Мне не хотелось никуда идти, я сидел дома и читал толстую книгу по логике, на страницах ее лежал ясный свет полуденного солнца, отчищенный снегом. Вдруг мой взгляд натолкнулся на странное слово-гибрид: первую его половину составляли буквы латиницы, но за них, как русалочий хвост, цеплялась вторая половина, написанная буквами другого города. На дне наборной кассы остались шрифты от ночной работы и случайно попались под руку дневному наборщику? Были ли чуждые буквы шифровкой, присланной шпионам другого города из их центра, расположенного в глубине пространств за стенами? Однако я заподозрил, что это нечто иное. Книга, которую я читал, стояла на полке довольно далеко от середины книжного шкафа, куда я засунул томик из букинистического магазина в Карловой улице. Я вытащил какую-то брошюру, стоявшую ближе к книге в фиолетовом бархате, и пролистал ее: как я и боялся, на ее страницах оказалось гораздо больше букв другого города, здесь встречались целые слова и фрагменты фраз. С ужасом я схватил том, что находился по соседству с таинственной фиолетовой книгой. Раскрыл его – и меня охватило чувство, какое бывает, когда переворачиваешь булыжник и видишь под ним копошащихся насекомых. Страницы почти полностью были покрыты жирными черными буквами из мира по ту сторону границы, только кое-где оставались одинокие островки латинских литер. Мне стало дурно, и я захлопнул книгу. Теперь я точно знал, в чем дело: чуждое письмо распространялось по моему книжному шкафу, шкаф зарастал им как сорняком. Я быстро извлек заразную фиолетовую книгу и забегал с нею по комнате, ища, куда бы ее спрятать. Можно ли вылечить библиотеку, пропитавшуюся непонятными письменами?
Потом я остановился, посмеялся над своими страхами и вернул книгу обратно в шкаф. Пусть округлые и острые буквы расползаются и множатся, пусть по коврам придут из темных углов тигры, пусть волна отрицаемого моря из глубин дома лизнет освещенный центр комнаты. Чего мне еще бояться? Внезапно я понял, почему другой город не принял меня, я осознал, что по-настоящему мешали мне вовсе не бортовые пулеметы вертолета, который возносился над волнующимися простынями, не акулы в сугробах, не волнующее острие меча Алвейры.
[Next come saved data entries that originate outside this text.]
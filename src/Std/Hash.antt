-- ===== src/Std/Hash.antt =====
-- src/packages/std/hash/hash.c: a hash table of chains, whose size is a prime from a list. `entries`
-- gives the chain of each bucket, first entry first. The pointers `hash_fn` and `key_equal_fn` are
-- parameters, and so is what their defaults do. Destructors and the cursor of an iteration are left
-- out. The two counters are `size_t`; what they count is in memory, so that they do not wrap here.
use inet_forth.Base.{
  Bool, List, Option, Result, [], check, dangling, err, false, get_or, if◌then◌else◌, is_some, leb,
  length, ltb, none, ok, some, suc, true, update, zero, ℕ, ◌%◌, ◌*◌, ◌+◌, ◌/◌, ◌^◌, ◌||◌, ◌∷◌,
  ◌>>=◌, ◌>>◌,
}
pub mod Matching
pub mod Rehash
pub mod Map
pub mod Counts
pub mod Delete

abbrev pub hash_primes : List ℕ
hash_primes =
    13 ∷ 31 ∷ 61 ∷ 127 ∷ 251 ∷ 509 ∷ 1021 ∷ 2039 ∷ 4093 ∷ 8191 ∷ 16381 ∷ 32749 ∷ 65521 ∷ 131071
    ∷ 262139 ∷ 524287 ∷ 1048573 ∷ 2097143 ∷ 4194301 ∷ 8388593 ∷ 16777213 ∷ 33554393 ∷ 67108859
    ∷ 134217689 ∷ 268435399 ∷ 536870909 ∷ 1073741789 ∷ 2147483647 ∷ 4294967295 ∷ 8589934591
    ∷ 17179869183 ∷ 34359738367 ∷ 68719476735 ∷ 137438953471 ∷ 274877906943 ∷ 549755813887
    ∷ 1099511627775 ∷ 2199023255551 ∷ 4398046511103 ∷ 8796093022207 ∷ 17592186044415
    ∷ 35184372088831 ∷ 70368744177663 ∷ 140737488355327 ∷ 281474976710655 ∷ 562949953421311
    ∷ 1125899906842623 ∷ 2251799813685247 ∷ 4503599627370495 ∷ 9007199254740991 ∷ 18014398509481983
    ∷ 36028797018963967 ∷ 72057594037927935 ∷ 144115188075855871 ∷ 288230376151711743
    ∷ 576460752303423487 ∷ 1152921504606846975 ∷ 2305843009213693949 ∷ 4611686018427387903
    ∷ 9223372036854775807 ∷ []

abbrev pub size_mod : ℕ
size_mod = 2 ^ 64

pub record Entry {ℓ κ} (K : Type ℓ) (V : Type κ) : Type (ℓ ⊔ κ) where
  pub index : ℕ
  pub key : K
  pub value : V

pub record Hash {ℓ κ} (K : Type ℓ) (V : Type κ) : Type (ℓ ⊔ κ) where
  pub prime_index : ℕ
  pub used_indexes_size : ℕ
  pub length : ℕ
  pub entries : ℕ → List (Entry K V)

-- `hash_primes[prime_index]`; an index past the list is excluded before it is stored.
unfoldable pub prime_at : ℕ → ℕ
prime_at i = get_or hash_primes i 1

module _ {ℓ κ} {K : Type ℓ} {V : Type κ} (hash_fn : K → ℕ) (key_equal_fn : K → K → Bool) where
  unfoldable pub limit : Hash K V → ℕ
  unfolding prime_at
  limit h = prime_at h.prime_index

  unfoldable pub hash_key_index : Hash K V → K → ℕ
  unfolding limit
  hash_key_index h key = hash_fn key % limit h

  unfoldable pub hash_new : Hash K V
  hash_new = record { prime_index = 0; used_indexes_size = 0; length = 0; entries = λ _. [] }

  -- The loop of `hash_get_entry` over a chain.
  unfoldable pub find_entry : List (Entry K V) → K → Option (Entry K V)
  find_entry [] key = none
  find_entry (e ∷ es) key = if key_equal_fn e.key key then some e else find_entry es key

  unfoldable pub hash_get_entry : Hash K V → K → Option (Entry K V)
  unfolding hash_key_index find_entry
  hash_get_entry h key = find_entry (h.entries (hash_key_index h key)) key

  unfoldable pub hash_has : Hash K V → K → Bool
  unfolding hash_get_entry
  hash_has h key = is_some (hash_get_entry h key)

  abbrev pub value_of : Option (Entry K V) → Option V
  value_of none = none
  value_of (some e) = some e.value

  unfoldable pub hash_get : Hash K V → K → Option V
  unfolding hash_get_entry
  hash_get h key = value_of (hash_get_entry h key)

  -- The count of used buckets goes up where the chain was empty.
  unfoldable pub add_top : Hash K V → ℕ → Entry K V → Hash K V
  add_top h index e = record h {
    used_indexes_size = h.used_indexes_size + elim (h.entries index) [ [] ↦ 1 | _ ∷ _ ↦ 0 ];
    entries = update h.entries index (e ∷ h.entries index);
  }

  unfoldable pub hash_set_entry_if_not_exists : Hash K V → K → V → Bool × Hash K V
  unfolding hash_key_index find_entry add_top
  hash_set_entry_if_not_exists h key value =
      let index = hash_key_index h key in
      if is_some (find_entry (h.entries index) key) then (false, h) else (
        true,
        record (add_top h index (record { index = index; key = key; value = value })) {
          length = h.length + 1;
        },
      )

  -- The inner loop of `hash_rehash`: the entries of an old chain go to the new table, which already
  -- has its new prime index.
  unfoldable pub move_chain : Hash K V → List (Entry K V) → Hash K V
  unfolding hash_key_index add_top
  move_chain h [] = h
  move_chain h (e ∷ es) =
      move_chain (add_top h (hash_key_index h e.key) (record e { index = hash_key_index h e.key }))
        es

  -- The outer loop, over the old buckets.
  unfoldable pub move_chains : Hash K V → (ℕ → List (Entry K V)) → (count index : ℕ) → Hash K V
  unfolding move_chain
  move_chains h old zero index = h
  move_chains h old (suc count) index = move_chains (move_chain h (old index)) old count (index + 1)

  -- The assertion compares with the size of the list in bytes; past the list, the read of the prime
  -- is out of bounds.
  unfoldable pub hash_rehash : Hash K V → (new_prime_index : ℕ) → Result (Hash K V)
  unfolding limit move_chains
  hash_rehash h n = do
    check (ltb n (8 * length hash_primes))
    if ltb n (length hash_primes)
        then ok (
            move_chains (record h { prime_index = n; used_indexes_size = 0; entries = λ _. [] })
              h.entries (limit h) 0)
        else err dangling

  unfoldable pub hash_is_overload : Hash K V → Bool
  unfolding limit
  hash_is_overload h =
      leb (limit h * 75 % size_mod / 100) h.length
      || leb (limit h * 50 % size_mod / 100) h.used_indexes_size

  unfoldable pub hash_set : Hash K V → K → V → Result (Bool × Hash K V)
  unfolding hash_is_overload hash_rehash hash_set_entry_if_not_exists
  hash_set h key value = do
    g ← if hash_is_overload h then hash_rehash h (h.prime_index + 1) else ok h
    ok (hash_set_entry_if_not_exists g key value)

  -- `entry->value = value` on the entry that `hash_get_entry` finds.
  unfoldable pub replace_value : List (Entry K V) → K → V → List (Entry K V)
  replace_value [] key value = []
  replace_value (e ∷ es) key value =
      if key_equal_fn e.key key
      then record e { value = value } ∷ es
      else e ∷ replace_value es key value

  unfoldable pub hash_put : Hash K V → K → V → Result (Hash K V)
  unfolding hash_get_entry hash_set replace_value hash_key_index
  hash_put h key value =
      if is_some (hash_get_entry h key)
      then (let index = hash_key_index h key in
          ok (record h {
            entries = update h.entries index (replace_value (h.entries index) key value);
          }))
      else (do (fresh, g) ← hash_set h key value; check fresh; ok g)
Я вдруг догадался, что перед тем, кто в самом деле уходит, город открывается обязательно, что уходящего приведет к сияющим дворцам и темным садам любая дорога, на которую он ступит. А я до сих пор так и не ушел. По-настоящему уходит тот, кто оставляет все, кто с улыбкой и пустыми руками идет в темноту и не думает о возвращении. Тот, кто, уходя, предполагает вернуться, не сможет покинуть дом, даже если войдет в белые города в глубине джунглей и отдохнет на мраморе его площадей; его пути все равно остаются вплетенными в ткань целей, которые ставит пространство дома, и сияющие границы чужбины отступают перед ним. Я всю жизнь прожил на окраине и лучше разбирался в мире пятен и трещин на старых стенах, чем в мире форм, которые были признаны осмысленными и единственно важными, я никогда не понимал смысла пьесы, которая здесь разыгрывается, и ролей, из которых я должен был выбрать всего одну, время от времени я пытался примерить на себя ту или иную роль, но каждый раз только механически отбарабанивал слова – с отвращением и чувством стыда, который очень быстро окончательно портил мою и без того слабую игру, так что я предпочитал умолкнуть и спрятаться в углу сцены, – и все же до сих пор я боялся выкинуть текст и уйти в темные кулисы.